Alpha-Synuclein Suppresses Retinoic Acid-Induced Neuronal Differentiation by Targeting the Glycogen Synthase Kinase-3 beta/beta-Catenin Signaling Pathway

Abstract

Alpha-synuclein (alpha-SYN) is expressed during neuronal development and is mainly involved in the modulation of synaptic transmission. Missense mutations and amplifications of this gene have been associated with the pathogenesis of Parkinson's disease. Here, we evaluate whether alpha-SYN plays a detrimental role in the phenotypic and morphological regulation of neurons. We also identify the underlying mechanisms of this process in all-trans-retinoic acid (RA)-induced differentiated SH-SY5Y cells, which represents dopaminergic (DAergic) phenotype. Our results indicate that overexpression of wild-type or mutant A53T alpha-SYN attenuated the RA-induced upregulation of tyrosine hydroxylase and dopamine transporter as well as neurite outgrowth in SH-SY5Y cells. In addition, GSK-3 beta inactivation and downstream beta-catenin stabilization were associated with RA-induced differentiation, which was attenuated by alpha-SYN. Moreover, protein phosphatase 2A was positively regulated by alpha-SYN and was implicated in the alpha-SYN-mediated interference with RA signaling.
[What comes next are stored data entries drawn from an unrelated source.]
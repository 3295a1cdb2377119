-- ===== src/Plugin/Discover/Steps.antt =====
-- What each new backend keeps, a whole `doSync` keeps.
use nova_airouter.Prelude.{
  ℤ, pos, Bool, true, false, ◌&&◌, if◌then◌else◌, Option, none, some, List, [], ◌∷◌, Text, text_eq,
  ◌≡◌, refl,
}
use nova_airouter.Plugin.{Backend, eq_ℤ}
use nova_airouter.Plugin.Ports.{atoi, split_service_path}
use nova_airouter.Plugin.Discover.{
  PathInfo, NodeInfo, NodeAddress, Cluster, Found, add_backend, add_models, new_backend, add_at,
  add_port, add_path, add_paths, add_nodes,
}

module _ (P : Found → Type 0)
    (grows : (b : Backend) (model : Text) (x : Found)
      → b.active_conn ≡ pos 0
      → P x
      → P (add_backend b model x)) where
  models_keep :
      (b : Backend) (models : List Text) (x : Found)
      → b.active_conn ≡ pos 0
      → P x
      → P (add_models b models x)
  unfolding add_models
  models_keep b [] x z h = h
  models_keep b (model ∷ models) x z h = models_keep b models _ z (grows b model x z h)

  at_keeps :
      (c : Cluster) (port : ℤ) (path : Text) (info : PathInfo) (o : Option NodeAddress) (x : Found)
      → P x
      → P (add_at c port path info o x)
  unfolding add_at
  at_keeps c port path info none x h = h
  at_keeps c port path info (some addr) x h =
      models_keep (new_backend addr.address port path info) (c.models_of addr.address port) x refl h

  either : (b : Bool) (x y : Found) → P x → P y → P (if b then x else y)
  either true x y h l = h
  either false x y h l = l

  port_keeps :
      (c : Cluster) (own : ℤ) (id path : Text) (info : PathInfo) (o : Option ℤ) (x : Found)
      → P x
      → P (add_port c own id path info o x)
  unfolding add_port
  port_keeps c own id path info none x h = h
  port_keeps c own id path info (some port) x h =
      either (info.plugin && eq_ℤ port own) x _ h
        (at_keeps c port path info (c.node_address id) x h)

  paths_keep :
      (c : Cluster) (own : ℤ) (id : Text) (infos : List PathInfo) (x : Found)
      → P x
      → P (add_paths c own id infos x)
  unfolding add_paths add_path
  paths_keep c own id [] x h = h
  paths_keep c own id (info ∷ infos) x h =
      let (port, path) = split_service_path info.service_path in
      paths_keep c own id infos _ (
        either (text_eq info.service_path []) x _ h (port_keeps c own id path info (atoi port) x h))

  pub nodes_keep :
      (c : Cluster) (own : ℤ) (nodes : List NodeInfo) (x : Found)
      → P x
      → P (add_nodes c own nodes x)
  unfolding add_nodes
  nodes_keep c own [] x h = h
  nodes_keep c own (node ∷ nodes) x h =
      nodes_keep c own nodes _
        (either node.healthy _ x (paths_keep c own node.node_id node.path_infos x h) h)
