-- ===== src/Plugin/Discover/Fresh.antt =====
-- models_plugin/sync.go: a `doSync` lists backends of its own.
use nova_airouter.Prelude.{
  ℕ, ◌≤◌, ◌<◌, ◌==◌, negsuc, false, some, List, [], ◌∷◌, ◌++◌, All, In, inl, inr, Text, text_eq,
  Dict, lookup, insert, ◌≡◌, arith, Bool-cases, subst,
}
use nova_airouter.Plugin.{Backend, ModelBackend, Plugin, add_conn}
use nova_airouter.Plugin.Ports.{plugin_port}
use nova_airouter.Plugin.Counted.Release.{add_conn-there}
use nova_airouter.Plugin.Discover.Steps.{nodes_keep}
use nova_airouter.Plugin.Discover.{
  NodeInfo, Cluster, Found, backends_in, add_backend, sync_nodes, do_sync,
}

-- The backends of every model are at `k` or after.
abbrev pub AreFrom : ℕ → Dict ModelBackend → Type 0
AreFrom k [] = Unit
AreFrom k ((_, mb) ∷ models) = All (λ p. k ≤ p) mb.backends × AreFrom k models

record IsFresh (k : ℕ) (x : Found) : Type 0 where
  from : AreFrom k x.models
  later : k ≤ x.next_free

backends_in-AreFrom :
    (k : ℕ) (model : Text) (models : Dict ModelBackend)
    → AreFrom k models
    → All (λ p. k ≤ p) (backends_in (lookup model models))
unfolding lookup
backends_in-AreFrom k model [] h = tt
backends_in-AreFrom k model ((j, mb) ∷ models) h = elim (Bool-cases (text_eq j model)) [
  | inl e ↦ rw e h.0
  | inr e ↦ rw e (backends_in-AreFrom k model models h.1)
]

All-append : (k p : ℕ) (ps : List ℕ) → All (λ q. k ≤ q) ps → k ≤ p → All (λ q. k ≤ q) (ps ++ p ∷ [])
All-append k p [] h l = (l, tt)
All-append k p (q ∷ ps) h l = (h.0, All-append k p ps h.1 l)

insert-AreFrom :
    (k : ℕ) (model : Text) (mb : ModelBackend) (models : Dict ModelBackend)
    → All (λ p. k ≤ p) mb.backends
    → AreFrom k models
    → AreFrom k (insert model mb models)
unfolding insert
insert-AreFrom k model mb [] h m = (h, tt)
insert-AreFrom k model mb ((j, x) ∷ models) h m = elim (Bool-cases (text_eq j model)) [
  | inl e ↦ rw e (h, m.1)
  | inr e ↦ rw e (m.0, insert-AreFrom k model mb models h m.1)
]

add_backend-IsFresh :
    (k : ℕ) (b : Backend) (model : Text) (x : Found)
    → IsFresh k x
    → IsFresh k (add_backend b model x)
unfolding add_backend
add_backend-IsFresh k b model x h = record {
  from =
      insert-AreFrom k model _ x.models
        (All-append k x.next_free _ (backends_in-AreFrom k model x.models h.from) h.later) h.from;
  later = omega (arith, h.later);
}

In-AreFrom : (k q : ℕ) (ps : List ℕ) → All (λ p. k ≤ p) ps → In q ps → k ≤ q
In-AreFrom k q [] h i = elim i [ ]
In-AreFrom k q (p ∷ ps) h (inl e) = rw e h.0
In-AreFrom k q (p ∷ ps) h (inr i) = In-AreFrom k q ps h.1 i

listed_fresh :
    (c : Cluster) (nodes : List NodeInfo) (model : Text) (q : ℕ) (s : Plugin)
    → In q (backends_in (lookup model (sync_nodes c (some nodes) s).models))
    → s.next_free ≤ q
unfolding sync_nodes
listed_fresh c nodes model q s i =
    let fresh =
      nodes_keep (IsFresh s.next_free)
        (λ b model x z h. add_backend-IsFresh s.next_free b model x h) c
        (plugin_port s.config.plugin_addr) nodes
        (record { heap = s.heap; next_free = s.next_free; models = [] })
        (record { from = tt; later = omega arith }) in
    In-AreFrom s.next_free q _ (backends_in-AreFrom s.next_free model _ fresh.from) i

apart : (p q k : ℕ) → p < k → k ≤ q → (q == p) ≡ false
apart p q k l m = ground arith

-- A request that runs on a backend while `doSync` lists new ones gives its connection back to the
-- old backend alone: no backend that is listed now changes when it ends.
pub unchanged_listed :
    (c : Cluster) (nodes : List NodeInfo) (model : Text) (p q : ℕ) (s : Plugin)
    → c.nodes ≡ some nodes
    → p < s.next_free
    → In q (backends_in (lookup model (do_sync c s).models))
    → add_conn (negsuc 0) p (do_sync c s).heap q ≡ (do_sync c s).heap q
unfolding do_sync
unchanged_listed c nodes model p q s e l i = add_conn-there (negsuc 0) p q (do_sync c s).heap (
    apart p q s.next_free l (
      listed_fresh c nodes model q s
        (subst (λ o. In q (backends_in (lookup model (sync_nodes c o s).models))) e i)))
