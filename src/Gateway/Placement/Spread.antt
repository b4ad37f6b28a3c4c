-- ===== src/Gateway/Placement/Spread.antt =====
-- How many listeners a run of parents holds: enough tries find a ListenerSet with room.
use ingress_nginx_gateway_br.Common.{
  ℕ, zero, suc, ◌+◌, ◌≤◌, ◌<◌, ◌≡◌, refl, inl, inr, Bool, Option, none, some, List, [], ◌∷◌, length,
  if◌then◌else◌, arith, Option-cases, ltb,
}
use ingress_nginx_gateway_br.Text.{text_key}
use ingress_nginx_gateway_br.Gateway.{ProjectedListener}
use ingress_nginx_gateway_br.Gateway.Placement.{
  Placing, no_placing, try_place, try_wanted, capacity, increment, pass, first_free,
}
use ingress_nginx_gateway_br.Gateway.Placement.Passes.{try_place-some, pass-hit, pass-miss}

-- The listeners of the parents from `k` on, `f` of them.
unfoldable pub range_sum : (ℕ → ℕ) → ℕ → ℕ → ℕ
range_sum counts k zero = 0
range_sum counts k (suc f) = counts k + range_sum counts (suc k) f

range_sum-increment :
    (counts : ℕ → ℕ) (idx k f : ℕ)
    → range_sum (increment counts idx) k f ≤ range_sum counts k f + (if ltb idx k then 0 else 1)
unfolding range_sum increment
range_sum-increment counts idx k zero = omega arith
range_sum-increment counts idx k (suc f) = ground (arith, range_sum-increment counts idx (suc k) f)

capacity_pos : (i : ℕ) → 0 < capacity i
unfolding capacity
capacity_pos i = ground arith

-- Where fewer listeners than tries stand in the sets from `idx` on, the search finds room.
pub first_free-room :
    (fuel : ℕ) (counts : ℕ → ℕ) (idx : ℕ)
    → range_sum counts idx (suc fuel) ≤ fuel
    → counts (first_free fuel counts idx) < capacity (first_free fuel counts idx)
unfolding first_free range_sum
first_free-room zero counts idx h = omega (arith, capacity_pos idx)
first_free-room (suc fuel) counts idx h =
    ground (arith, first_free-room fuel counts (suc idx), capacity_pos idx)

-- At most `n` listeners stand in any run of parents.
abbrev pub Spread : ℕ → Placing → Type 0
Spread n s = (k f : ℕ) → range_sum s.counts k f ≤ n

pub Spread-no_placing : Spread 0 no_placing
unfolding range_sum
Spread-no_placing k zero = omega arith
Spread-no_placing k (suc f) = omega (arith, Spread-no_placing (suc k) f)

pub try_place-Spread :
    (overflow : Bool) (l : ProjectedListener) (idx : ℕ) (s s' : Placing) (n : ℕ)
    → try_place overflow l idx s ≡ some s'
    → Spread n s
    → Spread (suc n) s'
try_place-Spread overflow l idx s s' n e h k f =
    let (u, room, same, more) = try_place-some overflow l idx s s' e in
    rw more (ground (arith, range_sum-increment s.counts idx k f, h k f))

try_wanted-Spread :
    (overflow : Bool) (l : ProjectedListener) (wanted : Option ℕ) (s s' : Placing) (n : ℕ)
    → try_wanted overflow l wanted s ≡ some s'
    → Spread n s
    → Spread (suc n) s'
try_wanted-Spread overflow l none s s' n e h = cc
try_wanted-Spread overflow l (some idx) s s' n e h = try_place-Spread overflow l idx s s' n e h

-- What a pass places and what it hands on add up.
pub pass-Spread :
    (overflow : Bool) (wanted : ProjectedListener → Option ℕ) (n : ℕ) (s : Placing)
    (ls : List ProjectedListener)
    → Spread n s
    → (m : ℕ) × Spread m (pass overflow wanted s ls).0
      × (m + length (pass overflow wanted s ls).1 ≡ n + length ls)
unfolding pass
pass-Spread overflow wanted n s [] h = (n, h, refl)
pass-Spread overflow wanted n s (l ∷ ls) h =
    elim (Option-cases (try_wanted overflow l (wanted l) s)) [
      | inl e ↦
          let (m, spread, sum) = pass-Spread overflow wanted n s ls h in
          rw (pass-miss overflow wanted s l ls e) (m, spread, omega arith)
      | inr (s', e) ↦
          let (m, spread, sum) =
            pass-Spread overflow wanted (suc n) s' ls
              (try_wanted-Spread overflow l (wanted l) s s' n e h) in
          rw (pass-hit overflow wanted s l ls s' e) (m, spread, omega arith)
    ]
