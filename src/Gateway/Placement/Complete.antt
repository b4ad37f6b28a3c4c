-- ===== src/Gateway/Placement/Complete.antt =====
-- Every listener is placed, or reported as unplaced; with ListenerSets each is placed, since the search
-- for a set with room finds one.
use ingress_nginx_gateway_br.Common.{
  ℕ, suc, ◌+◌, ◌≤◌, ◌≡◌, refl, sym, ap, ◌∙◌, subst, ◌⊎◌, inl, inr, Bool, true, false, Option, none,
  some, List, [], ◌∷◌, Memᴰ, All, All-map, All-mem, length, arith, insert, has_key, lookup,
  lookup-insert, lookup-insert_self, Option-cases, sort_by-All, length-sort_by,
}
use ingress_nginx_gateway_br.Text.{Text, text_key}
use ingress_nginx_gateway_br.Gateway.{ProjectedListener, ManagedGatewayOptions}
use ingress_nginx_gateway_br.Gateway.Placement.{
  Placing, no_placing, try_place, try_wanted, usable, pass, first_free, or_same, place_anywhere,
  place_listeners, by_hostname, sticky_pass, inherited_pass, final_pass,
}
use ingress_nginx_gateway_br.Gateway.Placement.Spread.{
  Spread, first_free-room, Spread-no_placing, try_place-Spread, pass-Spread,
}
use ingress_nginx_gateway_br.Gateway.Placement.Passes.{
  pass-keeps, place_anywhere-keeps, try_place-some, try_place-room, pass-hit, pass-miss,
  place_anywhere-hit, place_anywhere-set, place_anywhere-unset,
}

abbrev IsPlaced : Placing → ProjectedListener → Type 0
IsPlaced s l = has_key l.hostname s.placed ≡ true

has_key-insert :
    (h k : Text) (j : ℕ) (m : List (Text × ℕ))
    → has_key h m ≡ true
    → has_key h (insert k j m) ≡ true
unfolding has_key
has_key-insert h k j m e = ground (arith, lookup-insert k h j m)

has_key-insert_self : (k : Text) (j : ℕ) (m : List (Text × ℕ)) → has_key k (insert k j m) ≡ true
unfolding has_key
has_key-insert_self k j m = rw (lookup-insert_self k j m, has_key)

try_place-IsPlaced :
    (overflow : Bool) (l k : ProjectedListener) (idx : ℕ) (s s' : Placing)
    → try_place overflow k idx s ≡ some s'
    → IsPlaced s l
    → IsPlaced s' l
try_place-IsPlaced overflow l k idx s s' e h =
    let (u, room, same, more) = try_place-some overflow k idx s s' e in
    rw same (has_key-insert l.hostname k.hostname idx s.placed h)

try_place-IsPlaced_self :
    (overflow : Bool) (l : ProjectedListener) (idx : ℕ) (s s' : Placing)
    → try_place overflow l idx s ≡ some s'
    → IsPlaced s' l
try_place-IsPlaced_self overflow l idx s s' e =
    let (u, room, same, more) = try_place-some overflow l idx s s' e in
    rw same (has_key-insert_self l.hostname idx s.placed)

try_wanted-IsPlaced_self :
    (overflow : Bool) (l : ProjectedListener) (wanted : Option ℕ) (s s' : Placing)
    → try_wanted overflow l wanted s ≡ some s'
    → IsPlaced s' l
try_wanted-IsPlaced_self overflow l none s s' e = cc
try_wanted-IsPlaced_self overflow l (some idx) s s' e =
    try_place-IsPlaced_self overflow l idx s s' e

All-Unit : (ls : List ProjectedListener) → All (λ l. Unit {0}) ls
All-Unit [] = tt
All-Unit (l ∷ ls) = (tt, All-Unit ls)

pass-IsPlaced :
    (overflow : Bool) (l : ProjectedListener) (wanted : ProjectedListener → Option ℕ) (s : Placing)
    (ls : List ProjectedListener)
    → IsPlaced s l
    → IsPlaced (pass overflow wanted s ls).0 l
pass-IsPlaced overflow l wanted s ls =
    pass-keeps overflow (λ k. Unit) (λ s. IsPlaced s l)
      (λ k idx s s' _. try_place-IsPlaced overflow l k idx s s') wanted s ls (All-Unit ls)

place_anywhere-IsPlaced :
    (overflow : Bool) (l : ProjectedListener) (fuel : ℕ) (s : Placing) (ls : List ProjectedListener)
    → IsPlaced s l
    → IsPlaced (place_anywhere overflow fuel s ls).0 l
place_anywhere-IsPlaced overflow l fuel s ls =
    place_anywhere-keeps overflow (λ k. Unit) (λ s. IsPlaced s l)
      (λ k idx s s' _. try_place-IsPlaced overflow l k idx s s') fuel s ls (All-Unit ls)

-- Placed in the end, or among those left over.
abbrev IsCovered : Placing × List ProjectedListener → ProjectedListener → Type 0
IsCovered r l = IsPlaced r.0 l ⊎ Memᴰ l r.1

IsCovered-tail :
    (s : Placing) (k : ProjectedListener) (rest : List ProjectedListener) (l : ProjectedListener)
    → IsCovered (s, rest) l
    → IsCovered (s, k ∷ rest) l
IsCovered-tail s k rest l (inl h) = inl h
IsCovered-tail s k rest l (inr m) = inr (Memᴰ.tail m)

pass-IsCovered :
    (overflow : Bool) (wanted : ProjectedListener → Option ℕ) (s : Placing)
    (ls : List ProjectedListener)
    → All (IsCovered (pass overflow wanted s ls)) ls
pass-IsCovered overflow wanted s [] = tt
pass-IsCovered overflow wanted s (l ∷ ls) =
    elim (Option-cases (try_wanted overflow l (wanted l) s)) [
      | inl e ↦
          let (s', rest) = pass overflow wanted s ls in
          subst (λ r. All (IsCovered r) (l ∷ ls)) (sym (pass-miss overflow wanted s l ls e))
            (
              inr (Memᴰ.head refl),
              All-map _ _ ls (IsCovered-tail s' l rest) (pass-IsCovered overflow wanted s ls),
            )
      | inr (s', e) ↦
          subst (λ r. All (IsCovered r) (l ∷ ls)) (sym (pass-hit overflow wanted s l ls s' e))
            (
              inl (
                  pass-IsPlaced overflow l wanted s' ls
                    (try_wanted-IsPlaced_self overflow l (wanted l) s s' e)),
              pass-IsCovered overflow wanted s' ls,
            )
    ]

usable_set : (idx : ℕ) → usable true idx ≡ true
unfolding usable
usable_set idx = ground arith

complete-step :
    (overflow : Bool) (fuel : ℕ) (s s' : Placing) (l : ProjectedListener)
    (ls : List ProjectedListener)
    → place_anywhere overflow fuel s (l ∷ ls) ≡ place_anywhere overflow fuel s' ls
    → IsPlaced s' l
    → All (IsCovered (place_anywhere overflow fuel s' ls)) ls
    → All (IsCovered (place_anywhere overflow fuel s (l ∷ ls))) (l ∷ ls)
complete-step overflow fuel s s' l ls e here later =
    subst (λ r. All (IsCovered r) (l ∷ ls)) (sym e)
      (inl (place_anywhere-IsPlaced overflow l fuel s' ls here), later)

-- The listener goes to the first set with room, which the search finds.
set_found :
    (fuel n : ℕ) (s : Placing) (l : ProjectedListener) (ls : List ProjectedListener)
    → Spread n s
    → n ≤ fuel
    → try_place true l 0 s ≡ none
    → (s' : Placing) × (idx : ℕ) × (try_place true l idx s ≡ some s')
      × (place_anywhere true fuel s (l ∷ ls) ≡ place_anywhere true fuel s' ls)
set_found fuel n s l ls h le e =
    let idx = first_free fuel s.counts 1 in
    let found =
      try_place-room true l idx s (usable_set idx)
        (first_free-room fuel s.counts 1 (omega (arith, h 1 (suc fuel)))) in
    (
      _,
      idx,
      found,
      place_anywhere-set fuel s l ls e ∙ ap (λ o. place_anywhere true fuel (or_same s o) ls) found,
    )

-- With ListenerSets the third pass places every listener: `fuel` tries are enough.
place_anywhere-set_complete :
    (fuel n : ℕ) (s : Placing) (ls : List ProjectedListener)
    → Spread n s
    → n + length ls ≤ suc fuel
    → ((place_anywhere true fuel s ls).1 ≡ []) × All (IsCovered (place_anywhere true fuel s ls)) ls
unfolding place_anywhere
place_anywhere-set_complete fuel n s [] h le = (refl, tt)
place_anywhere-set_complete fuel n s (l ∷ ls) h le = elim (Option-cases (try_place true l 0 s)) [
  | inl e ↦
      let (s', idx, found, same) = set_found fuel n s l ls h (omega arith) e in
      let (none_left, later) =
        place_anywhere-set_complete fuel (suc n) s' ls (try_place-Spread true l idx s s' n found h)
          (omega arith) in
      (
        ap (λ r. r.1) same ∙ none_left,
        complete-step true fuel s s' l ls same (try_place-IsPlaced_self true l idx s s' found)
            later,
      )
  | inr (s', e) ↦
      let same = place_anywhere-hit fuel s l ls true s' e in
      let (none_left, later) =
        place_anywhere-set_complete fuel (suc n) s' ls (try_place-Spread true l 0 s s' n e h)
          (omega arith) in
      (
        ap (λ r. r.1) same ∙ none_left,
        complete-step true fuel s s' l ls same (try_place-IsPlaced_self true l 0 s s' e) later,
      )
]

place_anywhere-unset_IsCovered :
    (fuel : ℕ) (s : Placing) (ls : List ProjectedListener)
    → All (IsCovered (place_anywhere false fuel s ls)) ls
place_anywhere-unset_IsCovered fuel s [] = tt
place_anywhere-unset_IsCovered fuel s (l ∷ ls) = elim (Option-cases (try_place false l 0 s)) [
  | inl e ↦
      let (s', rest) = place_anywhere false fuel s ls in
      subst (λ r. All (IsCovered r) (l ∷ ls)) (sym (place_anywhere-unset fuel s l ls e))
        (
          inr (Memᴰ.head refl),
          All-map _ _ ls (IsCovered-tail s' l rest) (place_anywhere-unset_IsCovered fuel s ls),
        )
  | inr (s', e) ↦
      complete-step false fuel s s' l ls (place_anywhere-hit fuel s l ls false s' e)
        (try_place-IsPlaced_self false l 0 s s' e) (place_anywhere-unset_IsCovered fuel s' ls)
]

place_anywhere-IsCovered :
    (overflow : Bool) (fuel n : ℕ) (s : Placing) (ls : List ProjectedListener)
    → Spread n s
    → n + length ls ≤ suc fuel
    → All (IsCovered (place_anywhere overflow fuel s ls)) ls
place_anywhere-IsCovered true fuel n s ls h le = (place_anywhere-set_complete fuel n s ls h le).1
place_anywhere-IsCovered false fuel n s ls h le = place_anywhere-unset_IsCovered fuel s ls

place_anywhere-none_left :
    (overflow : Bool) (fuel n : ℕ) (s : Placing) (ls : List ProjectedListener)
    → overflow ≡ true
    → Spread n s
    → n + length ls ≤ suc fuel
    → (place_anywhere overflow fuel s ls).1 ≡ []
place_anywhere-none_left true fuel n s ls set h le =
    (place_anywhere-set_complete fuel n s ls h le).0
place_anywhere-none_left false fuel n s ls set h le = cc

IsCovered-through :
    (r r' : Placing × List ProjectedListener) (ls : List ProjectedListener)
    → ((l : ProjectedListener) → IsPlaced r.0 l → IsPlaced r'.0 l)
    → All (IsCovered r') r.1
    → All (IsCovered r) ls
    → All (IsCovered r') ls
IsCovered-through r r' ls later rest h =
    All-map (IsCovered r) (IsCovered r') ls
      (λ l. elim [
        | inl placed ↦ inl (later l placed)
        | inr left ↦ All-mem (IsCovered r') left rest
      ])
      h

-- What the first two passes place, and what they leave, add up to the listeners.
inherited_pass-Spread :
    (listeners : List ProjectedListener) (options : ManagedGatewayOptions)
    → (m : ℕ) × Spread m (inherited_pass listeners options).0
      × (m + length (inherited_pass listeners options).1 ≡ length listeners)
inherited_pass-Spread listeners options =
    let (m1, h1, sum1) =
      pass-Spread options.listener_set_overflow _ 0 no_placing _ Spread-no_placing in
    let (m2, h2, sum2) =
      pass-Spread options.listener_set_overflow _ m1 (sticky_pass listeners options).0 _ h1 in
    (m2, h2, omega (arith, length-sort_by by_hostname listeners))

final_pass-IsCovered :
    (listeners : List ProjectedListener) (options : ManagedGatewayOptions)
    → All
        (IsCovered (
          place_anywhere options.listener_set_overflow
            (suc (length listeners))
            (inherited_pass listeners options).0
            (inherited_pass listeners options).1))
        (inherited_pass listeners options).1
final_pass-IsCovered listeners options =
    let (m, h, sum) = inherited_pass-Spread listeners options in
    place_anywhere-IsCovered options.listener_set_overflow (suc (length listeners)) m _ _ h
      (omega arith)

-- Every listener is placed or reported as unplaced.
pub place_listeners-IsCovered :
    (listeners : List ProjectedListener) (options : ManagedGatewayOptions)
    → All
        (λ l.
          (has_key l.hostname (place_listeners listeners options).0 ≡ true)
          ⊎ Memᴰ l (place_listeners listeners options).1)
        listeners
unfolding place_listeners
place_listeners-IsCovered listeners options =
    sort_by-All by_hostname (IsCovered (final_pass listeners options)) listeners (
      IsCovered-through (sticky_pass listeners options) (final_pass listeners options) _
        (λ l h. place_anywhere-IsPlaced _ l _ _ _ (pass-IsPlaced _ l _ _ _ h))
        (IsCovered-through (inherited_pass listeners options) (final_pass listeners options) _
          (λ l h. place_anywhere-IsPlaced _ l _ _ _ h) (final_pass-IsCovered listeners options)
          (pass-IsCovered _ _ _ _))
        (pass-IsCovered _ _ _ _))

-- No listener is reported as unplaced.
place_listeners-none_left :
    (listeners : List ProjectedListener) (options : ManagedGatewayOptions)
    → options.listener_set_overflow ≡ true
    → (place_listeners listeners options).1 ≡ []
unfolding place_listeners
place_listeners-none_left listeners options set =
    let (m, h, sum) = inherited_pass-Spread listeners options in
    place_anywhere-none_left options.listener_set_overflow (suc (length listeners)) m _ _ set h
      (omega arith)

has_key-found :
    (h : Text) (m : List (Text × ℕ)) → has_key h m ≡ true → (idx : ℕ) × (lookup h m ≡ some idx)
unfolding has_key
has_key-found h m known = elim (Option-cases (lookup h m)) [
  | inl missing ↦ ground (arith, known, missing)
  | inr (idx, here) ↦ (idx, here)
]

-- Where the cluster has the ListenerSet API, every listener has a place: the search finds the Gateway or a
-- ListenerSet with room for it.
pub place_listeners-overflow :
    (listeners : List ProjectedListener) (options : ManagedGatewayOptions) (l : ProjectedListener)
    → options.listener_set_overflow ≡ true
    → Memᴰ l listeners
    → (idx : ℕ) × (lookup l.hostname (place_listeners listeners options).0 ≡ some idx)
place_listeners-overflow listeners options l set member =
    elim (All-mem _ member (place_listeners-IsCovered listeners options)) [
      | inl placed ↦ has_key-found l.hostname _ placed
      | inr left ↦
          elim (subst (λ ls. Memᴰ l ls) (place_listeners-none_left listeners options set) left) [ ]
    ]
The results obtained from SH-SY5Y cells were verified in primary cultures of mesencephalic DAergic neurons from A53T alpha-SYN transgenic mice, which represent high levels of alpha-SYN and protein phosphatase 2A in the midbrain. The number and length of neurites in tyrosine hydroxylase-positive as well as Tau-positive cells from A53T alpha-SYN transgenic mice were significantly lower than those in littermate controls. The current results provide novel insight into the role of alpha-SYN in the regulation of neuronal differentiation, including DAergic neurons. Identifying the signaling pathway involved in the alpha-SYN-mediated dysregulation of neuronal differentiation could lead to a better understanding of the developmental processes underlying alpha-SYN-related pathologies and facilitate the discovery of specifically targeted therapeutics.